───── The data

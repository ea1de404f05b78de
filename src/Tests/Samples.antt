-- ===== src/Tests/Samples.antt =====
-- Values that the tests share.
use mutsumi_s_sync.Common.{Text, codes, []}
use mutsumi_s_sync.Json.{end}
use mutsumi_s_sync.Ledger.{EventRecord, ActorRecord}

abbrev pub event_of : Text → Text → Text → Text → Text → EventRecord
event_of id conversation event_type status pipeline = record {
  conversation_id = conversation;
  actor_id = codes "qq:user:1";
  actor_kind = codes "human";
  event_type = event_type;
  content = codes "hi";
  event_id = id;
  actor_name = codes "A";
  audience = codes "bot:self";
  visibility = codes "private";
  media_ids = [];
  payload = end;
  turn_id = [];
  pipeline_id = pipeline;
  status = status;
  created_at = 0;
  sequence = 0;
}

abbrev pub actor_of : Text → Text → ActorRecord
actor_of id name = record {
  actor_id = id;
  kind = codes "human";
  platform = codes "qq";
  platform_subject_id = codes "1";
  display_name = name;
  private_alias = [];
  relationship = [];
  updated_at = 0;
}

──────────

- **Assignment**: Print the entries once more, identical in every line.

- **Response below**:
repository ea1de404f05b78de
filename src/Tests/Samples.antt
-- ===== src/Tests/Samples.antt =====
-- Values that the tests share.
use mutsumi_s_sync.Common.{Text, codes, []}
use mutsumi_s_sync.Json.{end}
use mutsumi_s_sync.Ledger.{EventRecord, ActorRecord}

abbrev pub event_of : Text → Text → Text → Text → Text → EventRecord
event_of id conversation event_type status pipeline = record {
  conversation_id = conversation;
  actor_id = codes "qq:user:1";
  actor_kind = codes "human";
  event_type = event_type;
  content = codes "hi";
  event_id = id;
  actor_name = codes "A";
  audience = codes "bot:self";
  visibility = codes "private";
  media_ids = [];
  payload = end;
  turn_id = [];
  pipeline_id = pipeline;
  status = status;
  created_at = 0;
  sequence = 0;
}

abbrev pub actor_of : Text → Text → ActorRecord
actor_of id name = record {
  actor_id = id;
  kind = codes "human";
  platform = codes "qq";
  platform_subject_id = codes "1";
  display_name = name;
  private_alias = [];
  relationship = [];
  updated_at = 0;
}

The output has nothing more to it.